そして2014年7月に飛行機が落ちて、あっという間にロシアのせいとなり、プーチンが飛行機落としたの大騒ぎとなり、異常なアンチロシアのプロパガンダが欧州を席巻し、今に続いている。

ここから、欧州とロシアの本格的な制裁スキームが成立して、EUは既にまた1年対ロ制裁を延長することを2週間ぐらい前に決定していた。それに対してもちろんロシアも同じ措置を取る。

この間の、イギリスのスクリパル親子事件でも、まったくの言いがかりをつけて、結果的にロシアに制裁を課すという仕組み。証拠もくそもない。

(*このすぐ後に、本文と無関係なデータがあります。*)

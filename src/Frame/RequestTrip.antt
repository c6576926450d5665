-- ===== src/Frame/RequestTrip.antt =====
-- src/frame.rs: what `encode_request_into` writes for a request within the protocol's limits, and
-- that the decoder reads it back.
use oms_modbus.Base.{ℕ, ◌+◌, ◌-◌, ◌*◌, ◌/◌, ◌%◌, ◌≤◌, ◌≡◌, refl, ap, Bool, true, false}
use oms_modbus.Base.{List, [], ◌∷◌, ◌++◌, ok, err, length, div_ceil, arith, append_assoc}
use oms_modbus.Base.{length-append, take-append_self, take_all, ltb, if◌then◌else◌, All, String}
use oms_modbus.Frame.Types.{Request, invalid_data, pdu_size, request_function_code, max_pdu_size}
use oms_modbus.Frame.Types.{max_coils, max_registers}
use oms_modbus.Frame.Buffer.{be_bytes}
use oms_modbus.Frame.Wire.{IsRequest, IsRange, IsByte, request_layout}
use oms_modbus.Frame.Encode.{
  encode_request, encode_request_into, bytes_of_request, pack_bits, u16_bytes, limit_pdu,
}
use oms_modbus.Frame.Decode.{decode_request, request_of_bytes, check_range, decode_read_coils}
use oms_modbus.Frame.Decode.{decode_read_discrete_inputs, decode_read_holding_registers}
use oms_modbus.Frame.Decode.{decode_read_input_registers, decode_write_single_coil}
use oms_modbus.Frame.Decode.{decode_write_single_register, decode_write_multiple_coils}
use oms_modbus.Frame.Decode.{decode_write_multiple_registers, decode_mask_write_register}
use oms_modbus.Frame.Decode.{decode_read_write_multiple_registers, decode_diagnostic}
use oms_modbus.Frame.Bits.{get_coils-pack_bits, length-pack_bits, pack_bits-IsByte}
use oms_modbus.Frame.Words.{get_u16s-u16_bytes, length-u16_bytes, u16_bytes-IsByte}

tail_assoc :
    (buf a b c d e : List ℕ) → buf ++ a ++ b ++ c ++ d ++ e ≡ buf ++ (a ++ (b ++ (c ++ (d ++ e))))
tail_assoc buf a b c d e = simp append_assoc

-- The encoder appends the layout of the request.
pub encode_request-layout :
    (req : Request) (buf : List ℕ)
    → IsRequest req
    → encode_request req buf ≡ (ok tt, buf ++ request_layout req)
unfolding encode_request request_function_code
encode_request-layout (Request.read_coils a q) buf h = simp append_assoc
encode_request-layout (Request.read_discrete_inputs a q) buf h = simp append_assoc
encode_request-layout (Request.read_holding_registers a q) buf h = simp append_assoc
encode_request-layout (Request.read_input_registers a q) buf h = simp append_assoc
encode_request-layout (Request.write_single_coil a v) buf h = simp append_assoc
encode_request-layout (Request.write_single_register a v) buf h = simp append_assoc
encode_request-layout (Request.write_multiple_coils a vs) buf h = ground (
  arith,
  tail_assoc buf (15 ∷ []) (be_bytes a) (be_bytes (length vs)) (div_ceil (length vs) 8 ∷ [])
      (pack_bits vs),
)
encode_request-layout (Request.write_multiple_registers a vs) buf h = ground (
  arith,
  tail_assoc buf (16 ∷ []) (be_bytes a) (be_bytes (length vs)) ((length vs * 2) ∷ [])
      (u16_bytes vs),
)
encode_request-layout (Request.read_write_multiple_registers r q w vs) buf h = ground (
  arith,
  tail_assoc (buf ++ (23 ∷ []) ++ be_bytes r) (be_bytes q) (be_bytes w) (be_bytes (length vs))
      ((length vs * 2) ∷ []) (u16_bytes vs),
  append_assoc (buf ++ (23 ∷ [])) (be_bytes r)
      (be_bytes q ++ (be_bytes w ++ (be_bytes (length vs) ++ ((length vs * 2) ∷ u16_bytes vs)))),
  append_assoc buf (23 ∷ []) (
      be_bytes r
      ++ (be_bytes q
          ++ (be_bytes w ++ (be_bytes (length vs) ++ ((length vs * 2) ∷ u16_bytes vs))))),
)
encode_request-layout (Request.mask_write_register a m o) buf h = simp append_assoc
encode_request-layout (Request.diagnostic s d) buf h = simp append_assoc
encode_request-layout Request.disconnect buf h = absurd h

word_lem : (v : ℕ) → v / 256 * 256 + v % 256 ≡ v
word_lem v = omega arith

check_range_ok :
    (name : String) (most a q : ℕ) (buf : List ℕ)
    → IsRange most a q
    → check_range name most a q buf ≡ (ok tt, buf)
unfolding check_range
check_range_ok name most a q buf h = ground arith

decode_coils :
    (a : ℕ) (vs : List Bool) (rest : List ℕ)
    → IsRange max_coils a (length vs)
    → decode_write_multiple_coils
        (be_bytes a ++ (be_bytes (length vs) ++ (div_ceil (length vs) 8 ∷ (pack_bits vs ++ rest))))
      ≡ (ok (Request.write_multiple_coils a vs), rest)
unfolding decode_write_multiple_coils
decode_coils a vs rest h =
    rw
      (
        word_lem a,
        word_lem (length vs),
        check_range_ok "WriteMultipleCoils" max_coils a (length vs) _ h,
      )
      (ground (
        arith,
        length-append (pack_bits vs) rest,
        length-pack_bits vs,
        get_coils-pack_bits vs [] (length vs) rest (omega arith),
        take_all (length vs) vs,
      ))

decode_registers :
    (a : ℕ) (vs rest : List ℕ)
    → IsRange max_registers a (length vs)
    → decode_write_multiple_registers
        (be_bytes a ++ (be_bytes (length vs) ++ ((length vs * 2) ∷ (u16_bytes vs ++ rest))))
      ≡ (ok (Request.write_multiple_registers a vs), rest)
unfolding decode_write_multiple_registers
decode_registers a vs rest h =
    rw
      (
        word_lem a,
        word_lem (length vs),
        check_range_ok "WriteMultipleRegisters" max_registers a (length vs) _ h,
      )
      (ground (
        arith,
        length-append (u16_bytes vs) rest,
        length-u16_bytes vs,
        get_u16s-u16_bytes vs [] rest,
      ))

decode_read_write :
    (r q w : ℕ) (vs rest : List ℕ)
    → IsRange max_registers r q
    → IsRange max_registers w (length vs)
    → decode_read_write_multiple_registers (
        be_bytes r
        ++ (be_bytes q
            ++ (be_bytes w
                ++ (be_bytes (length vs) ++ ((length vs * 2) ∷ (u16_bytes vs ++ rest))))))
      ≡ (ok (Request.read_write_multiple_registers r q w vs), rest)
unfolding decode_read_write_multiple_registers
decode_read_write r q w vs rest h k =
    rw
      (
        word_lem r,
        word_lem q,
        check_range_ok _ max_registers r q _ h,
        word_lem w,
        word_lem (length vs),
        check_range_ok _ max_registers w (length vs) _ k,
      )
      (ground (
        arith,
        length-append (u16_bytes vs) rest,
        length-u16_bytes vs,
        get_u16s-u16_bytes vs [] rest,
      ))

-- The decoder reads the layout, and leaves whatever follows it.
decode-layout :
    (req : Request) (rest : List ℕ)
    → IsRequest req
    → request_of_bytes (request_layout req ++ rest) ≡ ok req
unfolding request_of_bytes decode_request check_range
decode-layout (Request.read_coils a q) rest h = unfold decode_read_coils in ground arith
decode-layout (Request.read_discrete_inputs a q) rest h =
    unfold decode_read_discrete_inputs in ground arith
decode-layout (Request.read_holding_registers a q) rest h =
    unfold decode_read_holding_registers in ground arith
decode-layout (Request.read_input_registers a q) rest h =
    unfold decode_read_input_registers in ground arith
decode-layout (Request.write_single_coil a v) rest h =
    unfold decode_write_single_coil in ground arith
decode-layout (Request.write_single_register a v) rest h =
    unfold decode_write_single_register in ground arith
decode-layout (Request.write_multiple_coils a vs) rest h = ap (λ t. t.0) (decode_coils a vs rest h)
decode-layout (Request.write_multiple_registers a vs) rest h =
    ap (λ t. t.0) (decode_registers a vs rest h.0)
decode-layout (Request.read_write_multiple_registers r q w vs) rest h =
    ap (λ t. t.0) (decode_read_write r q w vs rest h.0 h.1)
decode-layout (Request.mask_write_register a m o) rest h =
    unfold decode_mask_write_register in ground arith
decode-layout (Request.diagnostic s d) rest h = unfold decode_diagnostic in ground arith
decode-layout Request.disconnect rest h = absurd h

-- The layout of a request within the limits consists of bytes.
pub request_layout-IsByte : (req : Request) → IsRequest req → All IsByte (request_layout req)
request_layout-IsByte (Request.read_coils a q) h = omega arith
request_layout-IsByte (Request.read_discrete_inputs a q) h = omega arith
request_layout-IsByte (Request.read_holding_registers a q) h = omega arith
request_layout-IsByte (Request.read_input_registers a q) h = omega arith
request_layout-IsByte (Request.write_single_coil a true) h = omega arith
request_layout-IsByte (Request.write_single_coil a false) h = omega arith
request_layout-IsByte (Request.write_single_register a v) h = omega arith
request_layout-IsByte (Request.write_multiple_coils a vs) h = (
  omega arith,
  (omega arith, (omega arith, (omega arith, (omega arith, (omega arith, pack_bits-IsByte vs))))),
)
request_layout-IsByte (Request.write_multiple_registers a vs) h = (
  omega arith,
  (
    omega arith,
    (omega arith, (omega arith, (omega arith, (omega arith, u16_bytes-IsByte vs h.1)))),
  ),
)
request_layout-IsByte (Request.read_write_multiple_registers r q w vs) h = (
  omega arith,
  (
    omega arith,
    (
      omega arith,
      (
        omega arith,
        (
          omega arith,
          (
            omega arith,
            (omega arith, (omega arith, (omega arith, (omega arith, u16_bytes-IsByte vs h.2)))),
          ),
        ),
      ),
    ),
  ),
)
request_layout-IsByte (Request.mask_write_register a m o) h = omega arith
request_layout-IsByte (Request.diagnostic s d) h = omega arith
request_layout-IsByte Request.disconnect h = absurd h

limit_pdu-append :
    (buf bytes : List ℕ)
    → limit_pdu (length buf) (ok tt, buf ++ bytes) ≡ (
        if ltb max_pdu_size (length bytes)
        then (err (invalid_data (pdu_size (length bytes))), buf)
        else (ok tt, buf ++ bytes))
limit_pdu-append buf bytes =
    let size : length (buf ++ bytes) - length buf ≡ length bytes =
      omega (arith, length-append buf bytes) in
    rw (size, take-append_self) refl

-- For a request within the protocol's limits `encode_request_into` appends the layout to the buffer,
-- or leaves the buffer as it was and fails, which it does exactly for a PDU of more than 253 bytes.
pub encode_request_into_lem :
    (req : Request) (buf : List ℕ)
    → IsRequest req
    → encode_request_into req buf ≡ (
        if ltb max_pdu_size (length (request_layout req))
        then (err (invalid_data (pdu_size (length (request_layout req)))), buf)
        else (ok tt, buf ++ request_layout req))
unfolding encode_request_into
encode_request_into_lem req buf h =
    rw (encode_request-layout req buf h) (limit_pdu-append buf (request_layout req))

-- A request within the protocol's limits whose PDU takes at most 253 bytes is encoded as its layout,
-- and the server's decoder gives the same request back, whatever follows it in the buffer.
pub request_round_trip :
    (req : Request) (rest : List ℕ)
    → IsRequest req
    → length (request_layout req) ≤ max_pdu_size
    → (bytes_of_request req ≡ ok (request_layout req))
      × (request_of_bytes (request_layout req ++ rest) ≡ ok req)
unfolding bytes_of_request
request_round_trip req rest h fits =
    (ground (arith, encode_request_into_lem req [] h), decode-layout req rest h)
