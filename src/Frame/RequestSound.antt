-- ===== src/Frame/RequestSound.antt =====
-- src/frame.rs: whatever bytes the decoder of requests accepts, the request lies within the limits
-- of the protocol, and no read goes past the end of the buffer.
use oms_modbus.Base.{ℕ, zero, suc, ◌+◌, ◌-◌, ◌*◌, ◌≤◌, ◌≡◌, ◌≢◌, refl, Bool, true, false}
use oms_modbus.Base.{
  List, [], ◌∷◌, ◌++◌, Result, ok, err, length, take, min, div_ceil, arith, length-append, All,
  All-append,
}
use oms_modbus.Base.{
  length-take, ◌==◌, ltb, ◌||◌, String, Bool-cases, ◌⊎◌, inl, inr, if◌then◌else◌, subst,
}
use oms_modbus.Frame.Types.{
  max_coils, max_registers, Request, IoError, panic, invalid_data, byte_count, quantity_range,
  address_range,
}
use oms_modbus.Frame.Buffer.{
  OnBuffer, ◌>>=◌, ◌>>◌, continue, pure, require, require_remaining, read_u8, read_u16, get_u16s,
}
use oms_modbus.Frame.Wire.{IsRequest, IsRange, IsU16, IsByte}
use oms_modbus.Frame.Bits.{push_bits-eq, push_bits_over, bits_from, length-bits_from}
use oms_modbus.Frame.Decode.{
  test_bit, decode_request, request_of_bytes, decode_read_coils, push_bits, get_coils, check_range,
  truncated, coil_value_of,
}
use oms_modbus.Frame.Decode.{decode_read_discrete_inputs, decode_read_holding_registers}
use oms_modbus.Frame.Decode.{decode_read_input_registers, decode_write_single_coil}
use oms_modbus.Frame.Decode.{decode_write_single_register, decode_write_multiple_coils}
use oms_modbus.Frame.Decode.{decode_write_multiple_registers, decode_mask_write_register}
use oms_modbus.Frame.Decode.{decode_read_write_multiple_registers, decode_diagnostic}

-- What the arms of the decoder establish.
abbrev Sound : Result Request IoError → Type 0
Sound (ok req) = IsRequest req
Sound (err e) = e ≢ panic

check_range_cases :
    (name : String) (most a q : ℕ) (buf : List ℕ)
    → ((check_range name most a q buf ≡ (ok tt, buf)) × IsRange most a q)
      ⊎ ((e : IoError) × (check_range name most a q buf ≡ (err e, buf)) × (e ≢ panic))
unfolding check_range
check_range_cases name most a q buf = elim (Bool-cases (q == 0 || ltb most q)) [
  | inl bad ↦ inr (invalid_data (quantity_range name q most), rw bad, λ e. cc)
  | inr good ↦ elim (Bool-cases (ltb 0x10000 (a + q))) [
    | inl bad ↦ inr (invalid_data (address_range name a q), rw (good, bad), λ e. cc)
    | inr fits ↦ inl (rw (good, fits), ground arith)
  ]
]

-- An arm that reads an address and a quantity, checks them, and goes on.
range-Sound :
    (name : String) (most : ℕ) (next : ℕ → ℕ → OnBuffer Request)
    → ((a q : ℕ) (d : List ℕ) → All IsByte d → IsRange most a q → Sound (next a q d).0)
    → (d : List ℕ) → All IsByte d
    → Sound
        ((read_u16 truncated >>= λ a.
            read_u16 truncated >>= λ q. check_range name most a q >> next a q)
          d).0
range-Sound name most next keep [] h = λ e. cc
range-Sound name most next keep (a ∷ []) h = λ e. cc
range-Sound name most next keep (a ∷ b ∷ []) h = λ e. cc
range-Sound name most next keep (a ∷ b ∷ c ∷ []) h = λ e. cc
range-Sound name most next keep (a ∷ b ∷ c ∷ e ∷ r) h =
    elim (check_range_cases name most (a * 256 + b) (c * 256 + e) r) [
      | inl (p, range) ↦ rw p (keep _ _ r h.1.1.1.1 range)
      | inr (x, p, ne) ↦ rw p ne
    ]

-- Reading registers behind a check that they are there.
abbrev AreWords : ℕ → Result (List ℕ) IoError → Type 0
AreWords n (ok out) = (length out ≡ n) × All IsU16 out
AreWords n (err e) = ⊥

get_u16s-AreWords :
    (n : ℕ) (values d : List ℕ)
    → All IsByte d
    → All IsU16 values
    → n * 2 ≤ length d
    → AreWords (length values + n) (get_u16s n values d).0
unfolding get_u16s
get_u16s-AreWords zero values d h k fits = (omega arith, k)
get_u16s-AreWords (suc n) values [] h k fits = absurd (omega arith)
get_u16s-AreWords (suc n) values (a ∷ []) h k fits = absurd (omega arith)
get_u16s-AreWords (suc n) values (a ∷ b ∷ d) h k fits =
    let more : length (values ++ ((a * 256 + b) ∷ [])) + n ≡ length values + suc n =
      omega (arith, length-append values ((a * 256 + b) ∷ [])) in
    rw more at (
      get_u16s-AreWords n (values ++ ((a * 256 + b) ∷ [])) d h.1.1
        (All-append IsU16 values _ k (omega arith, tt)) (omega arith))

words-Sound :
    (n : ℕ) (build : List ℕ → Request) (o : Result (List ℕ) IoError × List ℕ)
    → ((values : List ℕ) → length values ≡ n → All IsU16 values → IsRequest (build values))
    → AreWords n o.0
    → Sound (continue o (λ values. pure (build values))).0
words-Sound n build (ok out, d) keep h = keep out h.0 h.1
words-Sound n build (err e, d) keep h = absurd h

-- The arms with registers go on in the same way behind their range checks.
registers-Sound :
    (name short : String) (qty : ℕ) (build : List ℕ → Request) (d : List ℕ)
    → ((values : List ℕ) → length values ≡ qty → All IsU16 values → IsRequest (build values))
    → All IsByte d
    → Sound
        ((do
          count ← read_u8 truncated
          require (count == qty * 2) (invalid_data (byte_count name count (qty * 2)))
          require_remaining (qty * 2) short
          values ← get_u16s qty []
          pure (build values))
          d).0
registers-Sound name short qty build [] keep h = λ e. cc
registers-Sound name short qty build (count ∷ d) keep h = elim (Bool-cases (count == qty * 2)) [
  | inr bad ↦ rw bad (λ e. cc)
  | inl good ↦ elim (Bool-cases (ltb (length d) (qty * 2))) [
    | inl few ↦ rw (good, few) (λ e. cc)
    | inr enough ↦
        rw (good, enough)
          (words-Sound qty build (get_u16s qty [] d) keep (
            let none_yet : 0 + qty ≡ qty = omega arith in
            rw none_yet at (get_u16s-AreWords qty [] d h.1 tt (ground arith))))
  ]
]

-- The loop over the coil bytes yields at least as many Booleans as are wanted.
abbrev Reaches : ℕ → Result (List Bool) IoError → Type 0
Reaches n (ok out) = n ≤ length out
Reaches n (err e) = ⊥

length-push_bits :
    (byte qty : ℕ) (values : List Bool)
    → min qty (length values + 8) ≤ length (push_bits byte qty 0 8 values)
length-push_bits byte qty values = elim (Bool-cases (ltb (length values) qty)) [
  | inl below ↦ ground (
    arith,
    push_bits-eq byte qty 0 8 values,
    length-append values (take (qty - length values) (bits_from byte 0 8)),
    length-take (qty - length values) (bits_from byte 0 8),
    length-bits_from byte 0 8,
  )
  | inr done ↦
      let full : qty ≤ length values = ground arith in
      rw (push_bits_over byte qty values full)
        (omega (arith, length-append values (test_bit byte 0 ∷ [])))
]

get_coils-Reaches :
    (qty n : ℕ) (values : List Bool) (d : List ℕ)
    → n ≤ length d
    → qty ≤ length values + 8 * n
    → Reaches qty (get_coils qty n values d).0
unfolding get_coils
get_coils-Reaches qty zero values d h k = omega arith
get_coils-Reaches qty (suc n) values [] h k = absurd (omega arith)
get_coils-Reaches qty (suc n) values (b ∷ d) h k =
    get_coils-Reaches qty n (push_bits b qty 0 8 values) d (omega arith)
      (omega (arith, length-push_bits b qty values))

coils-Sound :
    (addr qty : ℕ) (o : Result (List Bool) IoError × List ℕ)
    → IsRange max_coils addr qty
    → Reaches qty o.0
    → Sound (continue o (λ values. pure (Request.write_multiple_coils addr (take qty values)))).0
coils-Sound addr qty (ok out, d) range h =
    let size : length (take qty out) ≡ qty = omega (arith, length-take qty out) in rw size range
coils-Sound addr qty (err e, d) range h = absurd h

write_coils-Sound :
    (addr qty : ℕ) (d : List ℕ)
    → IsRange max_coils addr qty
    → Sound
        ((do
          count ← read_u8 truncated
          require
              (count == div_ceil qty 8)
              (invalid_data (byte_count "WriteMultipleCoils" count (div_ceil qty 8)))
          require_remaining count "truncated coil data"
          values ← get_coils qty count []
          pure (Request.write_multiple_coils addr (take qty values)))
          d).0
write_coils-Sound addr qty [] range = λ e. cc
write_coils-Sound addr qty (count ∷ d) range = elim (Bool-cases (count == div_ceil qty 8)) [
  | inr bad ↦ rw bad (λ e. cc)
  | inl good ↦ elim (Bool-cases (ltb (length d) count)) [
    | inl few ↦ rw (good, few) (λ e. cc)
    | inr enough ↦
        rw (good, enough)
          (coils-Sound addr qty (get_coils qty count [] d) range
            (get_coils-Reaches qty count [] d (ground arith) (ground arith)))
  ]
]

word_pair-Sound :
    (build : ℕ → ℕ → OnBuffer Request)
    → ((a v : ℕ) (d : List ℕ) → IsU16 a → IsU16 v → Sound (build a v d).0)
    → (d : List ℕ) → All IsByte d
    → Sound ((read_u16 truncated >>= λ a. read_u16 truncated >>= build a) d).0
word_pair-Sound build keep [] h = λ e. cc
word_pair-Sound build keep (a ∷ []) h = λ e. cc
word_pair-Sound build keep (a ∷ b ∷ []) h = λ e. cc
word_pair-Sound build keep (a ∷ b ∷ c ∷ []) h = λ e. cc
word_pair-Sound build keep (a ∷ b ∷ c ∷ e ∷ r) h =
    keep (a * 256 + b) (c * 256 + e) r (omega arith) (omega arith)

mask_write-Sound : (d : List ℕ) → All IsByte d → Sound (decode_mask_write_register d).0
unfolding decode_mask_write_register
mask_write-Sound [] h = λ e. cc
mask_write-Sound (a ∷ []) h = λ e. cc
mask_write-Sound (a ∷ b ∷ []) h = λ e. cc
mask_write-Sound (a ∷ b ∷ c ∷ []) h = λ e. cc
mask_write-Sound (a ∷ b ∷ c ∷ e ∷ []) h = λ e. cc
mask_write-Sound (a ∷ b ∷ c ∷ e ∷ f ∷ []) h = λ e. cc
mask_write-Sound (a ∷ b ∷ c ∷ e ∷ f ∷ g ∷ r) h = omega arith

single_coil-Sound :
    (a v : ℕ) (d : List ℕ)
    → IsU16 a
    → IsU16 v
    → Sound ((coil_value_of v >>= λ val. pure (Request.write_single_coil a val)) d).0
single_coil-Sound a v d h k = elim (Bool-cases (v == 0xff00)) [
  | inl on ↦ rw on h
  | inr other ↦ elim (Bool-cases (v == 0)) [
    | inl off ↦ rw (other, off) h
    | inr bad ↦ rw (other, bad) (λ e. cc)
  ]
]

if_Sound :
    (c : Bool) (x y : OnBuffer Request) (d : List ℕ)
    → Sound (x d).0
    → Sound (y d).0
    → Sound ((if c then x else y) d).0
if_Sound true x y d h k = h
if_Sound false x y d h k = k

read_write-Sound : (d : List ℕ) → All IsByte d → Sound (decode_read_write_multiple_registers d).0
unfolding decode_read_write_multiple_registers
read_write-Sound = range-Sound _ max_registers _ (λ r q d h range.
    range-Sound _ max_registers _
      (λ w n d' h' range'. registers-Sound _ _ n _ d' (λ values e k. rw e (range, range', k)) h') d
      h)

write_registers-Sound : (d : List ℕ) → All IsByte d → Sound (decode_write_multiple_registers d).0
unfolding decode_write_multiple_registers
write_registers-Sound =
    range-Sound _ max_registers _
      (λ a q d h range. registers-Sound _ _ q _ d (λ values e k. rw e (range, k)) h)

write_register-Sound : (d : List ℕ) → All IsByte d → Sound (decode_write_single_register d).0
unfolding decode_write_single_register
write_register-Sound =
    word_pair-Sound (λ a v. pure (Request.write_single_register a v)) (λ a v r k l. (k, l))

diagnostic-Sound : (d : List ℕ) → All IsByte d → Sound (decode_diagnostic d).0
unfolding decode_diagnostic
diagnostic-Sound = word_pair-Sound (λ a v. pure (Request.diagnostic a v)) (λ a v r k l. (k, l))

read_coils-Sound : (d : List ℕ) → All IsByte d → Sound (decode_read_coils d).0
unfolding decode_read_coils
read_coils-Sound =
    range-Sound _ max_coils (λ a q. pure (Request.read_coils a q)) (λ a q r k range. range)

read_discrete_inputs-Sound : (d : List ℕ) → All IsByte d → Sound (decode_read_discrete_inputs d).0
unfolding decode_read_discrete_inputs
read_discrete_inputs-Sound =
    range-Sound _ max_coils (λ a q. pure (Request.read_discrete_inputs a q))
      (λ a q r k range. range)

read_holding_registers-Sound :
    (d : List ℕ) → All IsByte d → Sound (decode_read_holding_registers d).0
unfolding decode_read_holding_registers
read_holding_registers-Sound =
    range-Sound _ max_registers (λ a q. pure (Request.read_holding_registers a q))
      (λ a q r k range. range)

read_input_registers-Sound : (d : List ℕ) → All IsByte d → Sound (decode_read_input_registers d).0
unfolding decode_read_input_registers
read_input_registers-Sound =
    range-Sound _ max_registers (λ a q. pure (Request.read_input_registers a q))
      (λ a q r k range. range)

write_single_coil-Sound : (d : List ℕ) → All IsByte d → Sound (decode_write_single_coil d).0
unfolding decode_write_single_coil
write_single_coil-Sound = word_pair-Sound _ single_coil-Sound

write_multiple_coils-Sound : (d : List ℕ) → All IsByte d → Sound (decode_write_multiple_coils d).0
unfolding decode_write_multiple_coils
write_multiple_coils-Sound =
    range-Sound _ max_coils _ (λ a q r k range. write_coils-Sound a q r range)

decode_request-Sound : (fc : ℕ) (d : List ℕ) → All IsByte d → Sound (decode_request fc d).0
unfolding decode_request
decode_request-Sound fc d h = if_Sound (fc == 1) _ _ d (read_coils-Sound d h) (
    if_Sound (fc == 2) _ _ d (read_discrete_inputs-Sound d h) (
      if_Sound (fc == 3) _ _ d (read_holding_registers-Sound d h) (
        if_Sound (fc == 4) _ _ d (read_input_registers-Sound d h) (
          if_Sound (fc == 5) _ _ d (write_single_coil-Sound d h) (
            if_Sound (fc == 6) _ _ d (write_register-Sound d h) (
              if_Sound (fc == 15) _ _ d (write_multiple_coils-Sound d h) (
                if_Sound (fc == 16) _ _ d (write_registers-Sound d h) (
                  if_Sound (fc == 22) _ _ d (mask_write-Sound d h) (
                    if_Sound (fc == 23) _ _ d (read_write-Sound d h)
                      (if_Sound (fc == 8) _ _ d (diagnostic-Sound d h) (λ e. cc)))))))))))

request_of_bytes-Sound : (bytes : List ℕ) → All IsByte bytes → Sound (request_of_bytes bytes)
unfolding request_of_bytes
request_of_bytes-Sound [] h = λ e. cc
request_of_bytes-Sound (fc ∷ d) h = decode_request-Sound fc d h.1

-- Whatever bytes the server's decoder accepts, the request that it returns lies within the limits of
-- the protocol: its quantity is at least 1 and at most the maximum, its last address exists, and its
-- values are 16-bit words.
pub request_of_bytes-IsRequest :
    (bytes : List ℕ) (req : Request)
    → All IsByte bytes
    → request_of_bytes bytes ≡ ok req
    → IsRequest req
request_of_bytes-IsRequest bytes req h e = subst Sound e (request_of_bytes-Sound bytes h)

-- On no input, however malformed, does the server's decoder read past the end of its buffer.
pub request_of_bytes-ne-panic :
    (bytes : List ℕ) → All IsByte bytes → request_of_bytes bytes ≢ err panic
request_of_bytes-ne-panic bytes h e = subst Sound e (request_of_bytes-Sound bytes h) refl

誰がやったか、イスラエルか米中央軍か、成功したか失敗したかはあんまり関係ないと思う。なんだっていいんですよ、相手を悪魔化できて制裁かけて、あたかも自分たちが正しいことをやっているような構図が作れれば。そのために主流マスコミは存在するんだし。

 

■ ユーラシア統合阻止

で、じゃあ、アメリカは一体何をやっているのか?

そらやっぱ、ユーラシア統合阻止なんじゃなかろうか? 結局のところ2010年ぐらいからず~っとテーマは一緒なのでは? アラブの春からこっちずっとという感じ。

オバマのウクライナ潰しの頃、ドイツ側で、これはドイツ&ロシアに亀裂を入れようとしていると反応した人たがいたんだが、それは実際正しいでしょう。

しかしドイツ&ロシアだけじゃなくて、リスボンからウラジオストクまでの欧州とロシアの共存的空間をというプランニングを潰されたってことですね。

そこから、東欧あたりを騒がせていくんだが、ロシアが中国と急接近していって、またまた安定が作られる。

こうなると、もともとイラン&インド、イラン&中国と関係が密なところ同士が利害調整にぴったりのロシアが出てくると、さらにユーラシアが一体化しやすくなる(例:インドと中国はそのままでは対立するが、その両方と関係のいいロシアが入ると三角形で対話できる)。

そこで今度は、この中で弱い輪であるイランを壊しにトランプが出てきた。

というところではなかろうか。

 

多分、トランプがアメリカを偉大にするとかいう話は、テレビ番組のタイトルみたいなもの。そもそもトランプはテレビタレントとして有名だったわけだし。You're fired!とかいう調子でばっさばっさやってくるに違いないという期待感の上にトランプ大統領というタレントが採用された、って感じでは?

Qチームとか、大人は到底信じられないアホなことやってるのも、テレビ的だと考えると納得できる。

 

■ さりげなく続く各地のカラー革命もどき

トランプの立ち回りにだけフォーカスするようになってから、各地の動きに対して多くの人が注意を振り向けなくなっているとも思う。これもテレビ的。

しかし実際には、イスタンブールで反エルドアン的な人が力を得たり、香港の騒ぎがあり、チェコ、グルジアでも、似たりよったりのデモが続く。どこも、当局者が要求を呑んでも引き下がらず、誰かが辞任しても収まらないといった恰好が特長。これは言うまでもなく解決を求める態度ではない。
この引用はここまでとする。